See, this is what I am trying to point out. Joseph Smith's use of the term 'faith' was different from most religious teachers. I do NOT say that one "knows based on faith" that the sun will come up each morning. A person can NOT know anything by faith! That is ridiculous. That is nonsense. That is completely incongruent with Joseph Smith's teachings (see the lectures on faith).

A person believes the sun will rise because of objective observation. This takes no faith whatsoever, just as you said. Acting in anticipation of the rising of the sun is faith. Driving to a location to watch it rise is an act of faith. Suppose it does NOT rise, this does NOT make the act of driving to watch it any less an act of faith.

It takes no faith to admit that planting a corn seed will yield corn. One can deduce this through the application of reason upon objective observations, but to plant the seed in anticipation of such a yield is faith. If it doesn NOT so yield because of bad weather, the act of cultivation was no less faithful.
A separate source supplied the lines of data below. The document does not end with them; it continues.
-- ===== src/Sync/Pull.antt =====
-- internal/sync/pull.go: what a pull answers, and what it asks of the world around it.
--
-- An id is its canonical spelling, so String() of an id and `formatOptionalUUID` are not written.
pub mod Tables
pub mod Resolve
pub mod Keyed
pub mod Collect
pub mod Response
mod Tests
use rize_backend.Base.{
  ℕ, zero, suc, ◌+◌, ◌-◌, ◌*◌, ◌/◌, ◌%◌, ◌^◌, ◌≤◌, ◌<◌, String, ◌≡◌, refl, sym, ap, ◌∙◌, ◌≢◌, ◌↔◌,
  ◌⊎◌, inl, inr, Bool, true, false, not, ◌&&◌, ◌||◌, Option, none, some, List, [], ◌∷◌, ◌++◌, map,
  arith, ltb, leb, ◌==◌, if◌then◌else◌, ltb→lt, lt→ltb, ltb-false→le, le→ltb-false, leb→le, ==_iff,
  Bool-cases, Option-cases, length, take, drop, keep, any, All, last?, length-append,
  take-append-drop, length-take, length-drop, sum, In, In-keep, In_of_keep, In_of_take,
  In_of_append, In-append_left, In-append_right, any-eq-true, In-All,
}
use rize_backend.Base.Int.{ℤ}
use rize_backend.Base.Result.{Result, ok, err}
use rize_backend.Instant.{Time}
use rize_backend.Store.Base64.{Bytes}
use rize_backend.Store.Query.{Fault}
use rize_backend.Sync.Changelog.{Entry}

pub record ActivityEventUpsert : Type 0 where
  pub event_id : String
  pub started_at : String
  pub ended_at : String
  pub app_bundle_id : Option String
  pub category : Option String
  pub precision : String
  pub server_seq : ℕ

pub record FocusSessionUpsert : Type 0 where
  pub id : String
  pub updated_at : String
  pub started_at : String
  pub ended_at : Option String
  pub project_id : Option String
  pub kind : String
  pub status : String
  pub planned_duration_s : Option ℤ
  pub note : Option String
  pub server_seq : ℕ

pub record ProjectUpsert : Type 0 where
  pub id : String
  pub name : String
  pub color : String
  pub archived_at : Option String
  pub updated_at : String
  pub server_seq : ℕ

pub record TagUpsert : Type 0 where
  pub id : String
  pub name : String
  pub updated_at : String
  pub server_seq : ℕ

pub record UserAppSettingUpsert : Type 0 where
  pub app_id : String
  pub category_id : Option String
  pub excluded : Bool
  pub updated_at : String
  pub server_seq : ℕ

pub record CategoryUpsert : Type 0 where
  pub id : String
  pub name : String
  pub color : String
  pub productivity : ℤ
  pub updated_at : String
  pub server_seq : ℕ

-- The tombstones of all types: an id (`event_id` for an event) and a sequence number.
pub record TombstoneDto : Type 0 where
  pub id : String
  pub server_seq : ℕ

pub data Upsert : Type 0 where
  activity_event : ActivityEventUpsert → Upsert
  focus_session : FocusSessionUpsert → Upsert
  project : ProjectUpsert → Upsert
  tag : TagUpsert → Upsert
  user_app_setting : UserAppSettingUpsert → Upsert
  category : CategoryUpsert → Upsert

-- An entry has an upsert or a tombstone, never both.
pub data Change : Type 0 where
  upsert : Upsert → Change
  tombstone : TombstoneDto → Change

pub record ChangelogEntry : Type 0 where
  pub entity_type : String
  pub change : Change

pub record ChangeSet : Type 0 where
  pub upserts : List Upsert
  pub tombstones : List TombstoneDto

pub record PullResponse : Type 0 where
  pub changes : List (String × ChangeSet)
  pub next_cursor : Bytes
  pub has_more : Bool

pub data PullError : Type 0 where
  invalid_user_id invalid_cursor cursor_expired : PullError
  failed : String → PullError
  unknown_entity_type : String → PullError

-- The commands of a pull; a lookup is told by the row that it resolves.
pub data Call : Type 0 where
  begin get_horizon list_page : Call
  lookup : Entry → Call

-- `parse_uuid` is `parseUUID`; `format_time` is `t.UTC().Format(time.RFC3339)`.
pub record Env : Type 0 where
  pub parse_uuid : String → Option String
  pub format_time : Time → String
  pub faults : Call → Option Fault

abbrev pub default_pull_limit : ℕ
default_pull_limit = 200

abbrev pub max_pull_limit : ℕ
max_pull_limit = 500

abbrev pub pull_entity_types : List String
pull_entity_types =
    "activity_events" ∷ "focus_sessions" ∷ "projects" ∷ "tags" ∷ "user_app_settings" ∷ "categories"
    ∷ []

-- formatTs of a column that is NOT NULL.
abbrev pub format_ts : Env → Time → String
format_ts env t = env.format_time t

abbrev pub format_optional_ts : Env → Option Time → Option String
format_optional_ts env none = none
format_optional_ts env (some t) = some (env.format_time t)
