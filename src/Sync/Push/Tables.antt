-- ===== src/Sync/Push/Tables.antt =====
-- The rows that `push` reads and writes, and the statements of
-- internal/store/storedb/sync.sql.go that it runs.
--
-- Columns that the database fills in and nothing here reads are left out (created_at,
-- inserted_at, duration_s), and so are those that `push` always leaves NULL (url and project_id of
-- an event).
pub mod Isolation
pub mod Newer
use rize_backend.Store.Query.{find}
use rize_backend.Store.Query.{DbError, Fault, fault, find, no_rows}
use rize_backend.Base.{false}
use rize_backend.Base.{
  ℕ, String, Bool, true, not, ◌&&◌, Option, none, some, List, [], ◌∷◌, ◌==◌, if◌then◌else◌, any,
}
use mathlib.Core.Option
use rize_backend.Base.{str_eq}
use rize_backend.Base.Int.{ℤ}
use rize_backend.Base.Result.{Result, ok, err}
use rize_backend.Instant.{Time, before}

pub record Device : Type 0 where
  pub id : String
  pub user_id : String
  pub platform : String
  pub revoked_at : Option Time

pub record App : Type 0 where
  pub id : String
  pub bundle_id : String
  pub platform : String
  pub name : String
  pub default_category_id : Option String

pub record UserAppSetting : Type 0 where
  pub user_id : String
  pub app_id : String
  pub category_id : Option String

pub record Project : Type 0 where
  pub id : String
  pub user_id : String

pub record ActivityEvent : Type 0 where
  pub event_id : String
  pub user_id : String
  pub device_id : String
  pub started_at : Time
  pub ended_at : Time
  pub kind : String
  pub source : String
  pub precision : String
  pub app_id : String
  pub raw_bundle_id : String
  pub window_title : Option String
  pub category_id : Option String
  pub deleted : Bool
  pub server_seq : ℕ

pub record FocusSession : Type 0 where
  pub id : String
  pub user_id : String
  pub device_id : String
  pub project_id : Option String
  pub kind : String
  pub planned_duration_s : Option ℤ
  pub started_at : Time
  pub ended_at : Option Time
  pub status : String
  pub note : Option String
  pub updated_at : Time
  pub deleted_at : Option Time
  pub server_seq : ℕ

pub record Tables : Type 0 where
  pub devices : List Device
  pub apps : List App
  pub settings : List UserAppSetting
  pub projects : List Project
  pub events : List ActivityEvent
  pub sessions : List FocusSession

-- revoked_at IS NULL
is_active : Option Time → Bool
is_active none = true
is_active (some t) = false

unfoldable pub get_device_by_id : String → String → List Device → Option Device
unfolding find is_active
get_device_by_id id uid devices =
    find (λ d. str_eq d.id id && str_eq d.user_id uid && is_active d.revoked_at) devices

unfoldable pub get_app_by_bundle_id : String → String → List App → Option App
unfolding find
get_app_by_bundle_id bundle_id platform apps =
    find (λ a. str_eq a.bundle_id bundle_id && str_eq a.platform platform) apps

unfoldable pub get_setting_by_user_and_app :
    String → String → List UserAppSetting → Option UserAppSetting
unfolding find
get_setting_by_user_and_app uid app_id settings =
    find (λ s. str_eq s.user_id uid && str_eq s.app_id app_id) settings

pub get_project_by_id_for_user : String → String → List Project → Option Project
unfolding find
get_project_by_id_for_user id uid projects =
    find (λ p. str_eq p.id id && str_eq p.user_id uid) projects

pub get_focus_session_by_id : String → List FocusSession → Option FocusSession
unfolding find
get_focus_session_by_id id sessions = find (λ s. str_eq s.id id) sessions

-- The idempotency key (user_id, event_id, started_at).
abbrev pub has_key : String → String → Time → ActivityEvent → Bool
has_key uid event_id started_at e =
    str_eq e.user_id uid && str_eq e.event_id event_id && (e.started_at == started_at)

-- INSERT ... ON CONFLICT DO NOTHING: the table with the row, or `none`.
unfoldable pub insert_activity_event :
    ActivityEvent → List ActivityEvent → Option (List ActivityEvent)
insert_activity_event new events =
    if any (has_key new.user_id new.event_id new.started_at) events
    then none
    else some (new ∷ events)

-- UPDATE ... SET deleted = true WHERE the key matches AND deleted = false; the key is unique.
pub tombstone_activity_event :
    ℕ → String → String → Time → List ActivityEvent → Option (List ActivityEvent)
tombstone_activity_event seq uid event_id started_at [] = none
tombstone_activity_event seq uid event_id started_at (e ∷ events) =
    let later = Option.map (e ∷◌) (tombstone_activity_event seq uid event_id started_at events) in
    if has_key uid event_id started_at e && not e.deleted
    then some (record e { deleted = true; server_seq = seq } ∷ events)
    else later

-- INSERT ... ON CONFLICT (id) DO UPDATE ... WHERE the row is the same user's and older.
unfoldable pub upsert_focus_session : FocusSession → List FocusSession → Option (List FocusSession)
upsert_focus_session new [] = some (new ∷ [])
upsert_focus_session new (s ∷ sessions) =
    let later = Option.map (s ∷◌) (upsert_focus_session new sessions) in
    if str_eq s.id new.id
    then (if str_eq s.user_id new.user_id && before s.updated_at new.updated_at
        then some (new ∷ sessions)
        else none)
    else later
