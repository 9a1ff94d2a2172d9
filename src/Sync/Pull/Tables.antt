-- ===== src/Sync/Pull/Tables.antt =====
-- The rows that a pull reads in its snapshot, and the lookups of internal/store/storedb/pull.sql.go.
use rize_backend.Base.{ℕ, String, Bool, false, ◌&&◌, Option, none, some, List, ◌==◌}
use rize_backend.Base.{str_eq}
use rize_backend.Base.Int.{ℤ}
use rize_backend.Instant.{Time}
use rize_backend.Store.Query.{find}
use rize_backend.Sync.Changelog.{Db}
use rize_backend.Sync.Feed.{of_user}
use rize_backend.Sync.Push.Tables.{App, ActivityEvent, FocusSession}

pub record ProjectRow : Type 0 where
  pub id : String
  pub user_id : String
  pub name : String
  pub color : String
  pub archived_at : Option Time
  pub updated_at : Time
  pub deleted_at : Option Time
  pub server_seq : ℕ

pub record TagRow : Type 0 where
  pub id : String
  pub user_id : String
  pub name : String
  pub updated_at : Time
  pub deleted_at : Option Time
  pub server_seq : ℕ

pub record SettingRow : Type 0 where
  pub user_id : String
  pub app_id : String
  pub category_id : Option String
  pub excluded : Bool
  pub updated_at : Time
  pub server_seq : ℕ

-- A category without a user is a system default.
pub record CategoryRow : Type 0 where
  pub id : String
  pub user_id : Option String
  pub name : String
  pub color : String
  pub productivity : ℤ
  pub updated_at : Time
  pub deleted_at : Option Time
  pub server_seq : ℕ

-- One REPEATABLE READ snapshot, whose pg_snapshot_xmin is `xmin`.
pub record Snapshot : Type 0 where
  pub db : Db
  pub xmin : ℕ
  pub apps : List App
  pub events : List ActivityEvent
  pub sessions : List FocusSession
  pub projects : List ProjectRow
  pub tags : List TagRow
  pub settings : List SettingRow
  pub categories : List CategoryRow

-- ae.started_at = $3; nothing equals NULL.
abbrev started_when : Option Time → Time → Bool
started_when none t = false
started_when (some at) t = t == at

abbrev pub is_event : String → String → Option Time → ActivityEvent → Bool
is_event uid id at e = str_eq e.user_id uid && str_eq e.event_id id && started_when at e.started_at

abbrev pub get_activity_event : String → String → Option Time → Snapshot → Option ActivityEvent
get_activity_event uid id at s = find (is_event uid id at) s.events

-- LEFT JOIN apps a ON a.id = ae.app_id
abbrev bundle_of : Option App → Option String
bundle_of none = none
bundle_of (some a) = some a.bundle_id

abbrev pub app_bundle_id : Snapshot → ActivityEvent → Option String
app_bundle_id s e = bundle_of (find (λ a. str_eq a.id e.app_id) s.apps)

-- LEFT JOIN categories c ON c.id = ae.category_id
abbrev name_of : Option CategoryRow → Option String
name_of none = none
name_of (some c) = some c.name

abbrev named : List CategoryRow → Option String → Option String
named categories none = none
named categories (some id) = name_of (find (λ c. str_eq c.id id) categories)

abbrev pub category_name : Snapshot → ActivityEvent → Option String
category_name s e = named s.categories e.category_id

abbrev pub get_focus_session : String → String → Snapshot → Option FocusSession
get_focus_session uid id s = find (λ r. str_eq r.user_id uid && str_eq r.id id) s.sessions

abbrev pub get_project : String → String → Snapshot → Option ProjectRow
get_project uid id s = find (λ r. str_eq r.user_id uid && str_eq r.id id) s.projects

abbrev pub get_tag : String → String → Snapshot → Option TagRow
get_tag uid id s = find (λ r. str_eq r.user_id uid && str_eq r.id id) s.tags

abbrev pub get_setting : String → String → Snapshot → Option SettingRow
get_setting uid app_id s = find (λ r. str_eq r.user_id uid && str_eq r.app_id app_id) s.settings

-- WHERE id = $1 AND (user_id = $2 OR user_id IS NULL)
abbrev pub get_category : String → String → Snapshot → Option CategoryRow
get_category uid id s = find (λ r. str_eq r.id id && of_user uid r.user_id) s.categories
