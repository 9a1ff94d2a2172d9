-- ===== src/Sync/Pull/Resolve.antt =====
-- `resolveChangelogEntry` of internal/sync/pull.go: a row of the page, to its entity's current
-- state. `none` is an entity that is not found.
pub mod Owned
use rize_backend.Base.{
  ℕ, zero, suc, ◌+◌, ◌-◌, ◌*◌, ◌/◌, ◌%◌, ◌^◌, ◌≤◌, ◌<◌, String, ◌≡◌, refl, sym, ap, ◌∙◌, ◌≢◌, ◌↔◌,
  ◌⊎◌, inl, inr, Bool, true, false, not, ◌&&◌, ◌||◌, Option, none, some, List, [], ◌∷◌, ◌++◌, map,
  arith, ltb, leb, ◌==◌, if◌then◌else◌, ltb→lt, lt→ltb, ltb-false→le, le→ltb-false, leb→le, ==_iff,
  Bool-cases, Option-cases, length, take, drop, keep, any, All, last?, length-append,
  take-append-drop, length-take, length-drop, sum, In, In-keep, In_of_keep, In_of_take,
  In_of_append, In-append_left, In-append_right, any-eq-true, In-All,
}
use rize_backend.Base.{str_eq}
use rize_backend.Base.Result.{Result, ok, err, ◌>>=◌, ◌>>◌}
use rize_backend.Instant.{Time}
use rize_backend.Store.Query.{Fault, find}
use rize_backend.Sync.Changelog.{Entry}
use rize_backend.Sync.Push.Tables.{ActivityEvent, FocusSession}
use rize_backend.Sync.Pull.{
  Env, PullError, failed, unknown_entity_type, ChangelogEntry, Change, upsert, tombstone, Upsert,
  lookup, format_ts, format_optional_ts,
}
use rize_backend.Sync.Pull
use rize_backend.Sync.Pull.Tables.{
  ProjectRow, TagRow, SettingRow, CategoryRow, Snapshot, get_activity_event, app_bundle_id,
  category_name, get_focus_session, get_project, get_tag, get_setting, get_category,
}

abbrev pub if_deleted : Option Time → Change → Change → Change
if_deleted none kept gone = kept
if_deleted (some t) kept gone = gone

pub event_change : Env → Snapshot → ActivityEvent → Change
event_change env s r =
    if r.deleted
    then tombstone (record { id = r.event_id; server_seq = r.server_seq })
    else upsert (
        Pull.activity_event (record {
          event_id = r.event_id;
          started_at = format_ts env r.started_at;
          ended_at = format_ts env r.ended_at;
          app_bundle_id = app_bundle_id s r;
          category = category_name s r;
          precision = r.precision;
          server_seq = r.server_seq;
        }))

pub session_change : Env → FocusSession → Change
session_change env r =
    if_deleted r.deleted_at
      (upsert (
        Pull.focus_session (record {
          id = r.id;
          updated_at = format_ts env r.updated_at;
          started_at = format_ts env r.started_at;
          ended_at = format_optional_ts env r.ended_at;
          project_id = r.project_id;
          kind = r.kind;
          status = r.status;
          planned_duration_s = r.planned_duration_s;
          note = r.note;
          server_seq = r.server_seq;
        })))
      (tombstone (record { id = r.id; server_seq = r.server_seq }))

unfoldable pub project_change : Env → ProjectRow → Change
project_change env r =
    if_deleted r.deleted_at
      (upsert (
        Pull.project (record {
          id = r.id;
          name = r.name;
          color = r.color;
          archived_at = format_optional_ts env r.archived_at;
          updated_at = format_ts env r.updated_at;
          server_seq = r.server_seq;
        })))
      (tombstone (record { id = r.id; server_seq = r.server_seq }))

pub tag_change : Env → TagRow → Change
tag_change env r =
    if_deleted r.deleted_at
      (upsert (
        Pull.tag (record {
          id = r.id;
          name = r.name;
          updated_at = format_ts env r.updated_at;
          server_seq = r.server_seq;
        })))
      (tombstone (record { id = r.id; server_seq = r.server_seq }))

pub setting_change : Env → SettingRow → Change
setting_change env r = upsert (
    Pull.user_app_setting (record {
      app_id = r.app_id;
      category_id = r.category_id;
      excluded = r.excluded;
      updated_at = format_ts env r.updated_at;
      server_seq = r.server_seq;
    }))

pub category_change : Env → CategoryRow → Change
category_change env r =
    if_deleted r.deleted_at
      (upsert (
        Pull.category (record {
          id = r.id;
          name = r.name;
          color = r.color;
          productivity = r.productivity;
          updated_at = format_ts env r.updated_at;
          server_seq = r.server_seq;
        })))
      (tombstone (record { id = r.id; server_seq = r.server_seq }))

-- A row of a lookup, as an entry of the response.
abbrev pub entry_of : {A : Type 0} → String → (A → Change) → Option A → Option ChangelogEntry
entry_of entity_type change none = none
entry_of entity_type change (some r) =
    some (record { entity_type = entity_type; change = change r })

-- A lookup that can fail.
abbrev pub looked_up :
    Option Fault → Option ChangelogEntry → Result PullError (Option ChangelogEntry)
looked_up none found = ok found
looked_up (some f) found = err (failed "sync: resolve changelog entry")

unfoldable pub resolve_changelog_entry :
    Env → Snapshot → String → Entry → Result PullError (Option ChangelogEntry)
unfolding event_change session_change project_change tag_change setting_change category_change
resolve_changelog_entry env s uid row =
    let t = row.entity_type in
    let fault = env.faults (lookup row) in
    if str_eq t "activity_events"
    then looked_up fault (
        entry_of t (event_change env s)
          (get_activity_event uid row.entity_id row.event_started_at s))
    else if str_eq t "focus_sessions"
    then looked_up fault (entry_of t (session_change env) (get_focus_session uid row.entity_id s))
    else if str_eq t "projects"
    then looked_up fault (entry_of t (project_change env) (get_project uid row.entity_id s))
    else if str_eq t "tags"
    then looked_up fault (entry_of t (tag_change env) (get_tag uid row.entity_id s))
    else if str_eq t "user_app_settings"
    then looked_up fault (entry_of t (setting_change env) (get_setting uid row.entity_id s))
    else if str_eq t "categories"
    then looked_up fault (entry_of t (category_change env) (get_category uid row.entity_id s))
    else err (unknown_entity_type t)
I know my wife exists. I don't need to muster up some 'faith' to believe she is out there. I have through objective observation long ago determined that she exists. But when she calls me and asks me to meet her somewhere, my drive to that location in anticipation of seeing her there is faith, faith in my wife. It is also faith in my car and a host of other things.

Faith is the means by which man acts. Every single action man has ever done, was an act of faith.

One of the foolish fallacies put out about faith is that real faith can never amount to failure. That is utter nonsense. You can extend your hand and stroke the keys of your keyboard in good faith that you are sending me a message through the lds.net forum. But this act of faith does NOT gaurantee that I will get that message. A server failure, a power outage, a computer freeze, or any number of things could prevent your post from posting. This does NOT mean your typing was any less an act of faith.

Another ridiculous claim is that faith alone alters reality externally. The idea would suggest that if I truly believe in my heart that a troll is under my bed, there will be one. This foolish idea would make every lie true so long as someone believes it. Outrageous!

However, faith does shape the world in which we live. Our computer was built by the works of faith. Likewise was every item we possess. Every act of man is done by faith.

Faith is a function of a time-bound being. You cannot know the future, not even by one second. Each step you take is an act of faith that you will realize a movement forward. However, your faith and your effort do not gaurantee this movement.

James E. Talmage said that belief is to faith as knowledge is to wisdom. To know something, but to not act accordingly is unwise. So also it is unfaithful to not act upon our beliefs.

Suppose you see something that looks like a coin in a parking lot. From your position you cannot determine with certainty that it is a coin. You approach it and pick it up. This is an act of faith. But not an act of faith that it is a coin, rather that your actions will determine whether it is a coin or not. Upon holding it in your hands and examining it, you discover it is a quarter and you put it in your pocket. Your act of faith brought knowledge and your reaction to this new knowledge is your wisdom.

I don't think Rand argued against any of this. She argued against the kind of foolish notions of 'faith' that Joseph Smith disavowed just the same.

Do you see the difference? Am I clear as mud?

Frankly, I think you could have God visit her to prove He exists, and she would think she was hallucinating or something, rather than admit it was God. I don't necessarily disagree with her, but I would be willing to look at the evidence.

Ah, but if she truly practices Objectivism, she would be compelled to have objective observations to support reason that would suggest the appearance of God was a hallucination. By the Objectivist philosophy, the appearance and communication of God would be viewed no differently than the appearance and communication of President Obama or any other.